■ WHAT IS NEEDED ■
Type out every line of the data again, exactly.

[Records contained in a dataset]
★ ★ ★ ★ ★ ★ ★

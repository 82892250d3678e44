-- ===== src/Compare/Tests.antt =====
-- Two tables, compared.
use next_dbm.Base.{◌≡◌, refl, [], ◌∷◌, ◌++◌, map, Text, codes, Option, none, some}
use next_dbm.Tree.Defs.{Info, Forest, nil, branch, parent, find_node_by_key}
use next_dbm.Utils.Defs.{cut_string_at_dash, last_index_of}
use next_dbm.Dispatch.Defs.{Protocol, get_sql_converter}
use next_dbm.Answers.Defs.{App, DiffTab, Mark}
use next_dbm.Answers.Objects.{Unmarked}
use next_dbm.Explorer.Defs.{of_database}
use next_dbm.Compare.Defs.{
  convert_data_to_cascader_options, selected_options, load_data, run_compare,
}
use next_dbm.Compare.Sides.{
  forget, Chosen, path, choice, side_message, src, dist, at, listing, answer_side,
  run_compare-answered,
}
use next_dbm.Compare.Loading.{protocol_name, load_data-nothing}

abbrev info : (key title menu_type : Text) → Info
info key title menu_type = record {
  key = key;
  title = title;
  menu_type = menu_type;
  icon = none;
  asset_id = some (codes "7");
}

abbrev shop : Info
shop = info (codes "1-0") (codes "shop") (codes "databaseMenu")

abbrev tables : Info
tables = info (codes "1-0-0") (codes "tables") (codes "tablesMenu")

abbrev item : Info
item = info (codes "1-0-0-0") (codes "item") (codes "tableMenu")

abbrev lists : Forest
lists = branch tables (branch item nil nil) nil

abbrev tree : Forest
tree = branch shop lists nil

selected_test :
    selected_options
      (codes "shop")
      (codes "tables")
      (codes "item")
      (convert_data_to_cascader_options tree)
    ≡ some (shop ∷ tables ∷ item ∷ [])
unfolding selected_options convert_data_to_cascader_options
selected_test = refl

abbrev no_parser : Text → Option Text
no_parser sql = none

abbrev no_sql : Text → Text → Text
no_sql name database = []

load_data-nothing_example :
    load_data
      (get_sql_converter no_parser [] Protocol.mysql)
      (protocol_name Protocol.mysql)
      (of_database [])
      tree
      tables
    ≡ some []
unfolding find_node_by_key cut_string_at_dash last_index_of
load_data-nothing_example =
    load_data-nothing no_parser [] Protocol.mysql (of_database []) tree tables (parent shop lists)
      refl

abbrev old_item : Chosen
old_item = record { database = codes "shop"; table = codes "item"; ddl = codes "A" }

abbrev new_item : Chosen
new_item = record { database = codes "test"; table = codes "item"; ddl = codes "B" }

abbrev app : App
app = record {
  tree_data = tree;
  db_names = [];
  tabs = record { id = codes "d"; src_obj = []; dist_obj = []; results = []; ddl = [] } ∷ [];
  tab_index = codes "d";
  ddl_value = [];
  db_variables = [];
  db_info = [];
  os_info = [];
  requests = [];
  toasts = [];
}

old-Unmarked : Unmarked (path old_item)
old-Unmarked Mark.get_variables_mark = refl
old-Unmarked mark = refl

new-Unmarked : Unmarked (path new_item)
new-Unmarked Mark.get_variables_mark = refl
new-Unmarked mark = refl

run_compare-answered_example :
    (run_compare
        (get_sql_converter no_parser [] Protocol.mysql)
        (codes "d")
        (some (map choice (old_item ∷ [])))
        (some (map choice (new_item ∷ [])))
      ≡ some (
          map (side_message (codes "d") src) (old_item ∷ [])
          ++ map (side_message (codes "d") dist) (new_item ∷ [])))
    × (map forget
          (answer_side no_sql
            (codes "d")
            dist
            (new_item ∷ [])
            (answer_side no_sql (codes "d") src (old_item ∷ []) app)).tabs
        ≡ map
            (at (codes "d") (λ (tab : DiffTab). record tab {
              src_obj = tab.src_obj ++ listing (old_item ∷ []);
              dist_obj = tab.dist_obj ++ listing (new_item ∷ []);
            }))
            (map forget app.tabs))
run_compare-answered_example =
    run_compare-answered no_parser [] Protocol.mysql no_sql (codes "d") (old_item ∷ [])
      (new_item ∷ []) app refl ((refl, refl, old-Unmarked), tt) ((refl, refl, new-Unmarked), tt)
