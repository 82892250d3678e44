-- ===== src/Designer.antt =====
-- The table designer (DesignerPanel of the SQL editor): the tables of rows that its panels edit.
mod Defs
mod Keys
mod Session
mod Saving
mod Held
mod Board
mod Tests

★ ★ ★ ★ ★ ★ ★

■ RESULT ■
repository 82892250d3678e44
-- ===== src/Compare/Tests.antt =====
-- Two tables, compared.
use next_dbm.Base.{◌≡◌, refl, [], ◌∷◌, ◌++◌, map, Text, codes, Option, none, some}
use next_dbm.Tree.Defs.{Info, Forest, nil, branch, parent, find_node_by_key}
use next_dbm.Utils.Defs.{cut_string_at_dash, last_index_of}
use next_dbm.Dispatch.Defs.{Protocol, get_sql_converter}
use next_dbm.Answers.Defs.{App, DiffTab, Mark}
use next_dbm.Answers.Objects.{Unmarked}
use next_dbm.Explorer.Defs.{of_database}
use next_dbm.Compare.Defs.{
  convert_data_to_cascader_options, selected_options, load_data, run_compare,
}
use next_dbm.Compare.Sides.{
  forget, Chosen, path, choice, side_message, src, dist, at, listing, answer_side,
  run_compare-answered,
}
use next_dbm.Compare.Loading.{protocol_name, load_data-nothing}

abbrev info : (key title menu_type : Text) → Info
info key title menu_type = record {
  key = key;
  title = title;
  menu_type = menu_type;
  icon = none;
  asset_id = some (codes "7");
}

abbrev shop : Info
shop = info (codes "1-0") (codes "shop") (codes "databaseMenu")

abbrev tables : Info
tables = info (codes "1-0-0") (codes "tables") (codes "tablesMenu")

abbrev item : Info
item = info (codes "1-0-0-0") (codes "item") (codes "tableMenu")

abbrev lists : Forest
lists = branch tables (branch item nil nil) nil

abbrev tree : Forest
tree = branch shop lists nil

selected_test :
    selected_options
      (codes "shop")
      (codes "tables")
      (codes "item")
      (convert_data_to_cascader_options tree)
    ≡ some (shop ∷ tables ∷ item ∷ [])
unfolding selected_options convert_data_to_cascader_options
selected_test = refl

abbrev no_parser : Text → Option Text
no_parser sql = none

abbrev no_sql : Text → Text → Text
no_sql name database = []

load_data-nothing_example :
    load_data
      (get_sql_converter no_parser [] Protocol.mysql)
      (protocol_name Protocol.mysql)
      (of_database [])
      tree
      tables
    ≡ some []
unfolding find_node_by_key cut_string_at_dash last_index_of
load_data-nothing_example =
    load_data-nothing no_parser [] Protocol.mysql (of_database []) tree tables (parent shop lists)
      refl

abbrev old_item : Chosen
old_item = record { database = codes "shop"; table = codes "item"; ddl = codes "A" }

abbrev new_item : Chosen
new_item = record { database = codes "test"; table = codes "item"; ddl = codes "B" }

abbrev app : App
app = record {
  tree_data = tree;
  db_names = [];
  tabs = record { id = codes "d"; src_obj = []; dist_obj = []; results = []; ddl = [] } ∷ [];
  tab_index = codes "d";
  ddl_value = [];
  db_variables = [];
  db_info = [];
  os_info = [];
  requests = [];
  toasts = [];
}

old-Unmarked : Unmarked (path old_item)
old-Unmarked Mark.get_variables_mark = refl
old-Unmarked mark = refl

new-Unmarked : Unmarked (path new_item)
new-Unmarked Mark.get_variables_mark = refl
new-Unmarked mark = refl

run_compare-answered_example :
    (run_compare
        (get_sql_converter no_parser [] Protocol.mysql)
        (codes "d")
        (some (map choice (old_item ∷ [])))
        (some (map choice (new_item ∷ [])))
      ≡ some (
          map (side_message (codes "d") src) (old_item ∷ [])
          ++ map (side_message (codes "d") dist) (new_item ∷ [])))
    × (map forget
          (answer_side no_sql
            (codes "d")
            dist
            (new_item ∷ [])
            (answer_side no_sql (codes "d") src (old_item ∷ []) app)).tabs
        ≡ map
            (at (codes "d") (λ (tab : DiffTab). record tab {
              src_obj = tab.src_obj ++ listing (old_item ∷ []);
              dist_obj = tab.dist_obj ++ listing (new_item ∷ []);
            }))
            (map forget app.tabs))
run_compare-answered_example =
    run_compare-answered no_parser [] Protocol.mysql no_sql (codes "d") (old_item ∷ [])
      (new_item ∷ []) app refl ((refl, refl, old-Unmarked), tt) ((refl, refl, new-Unmarked), tt)
repository 82892250d3678e44
-- ===== src/Designer.antt =====
-- The table designer (DesignerPanel of the SQL editor): the tables of rows that its panels edit.
mod Defs
mod Keys
mod Session
mod Saving
mod Held
mod Board
mod Tests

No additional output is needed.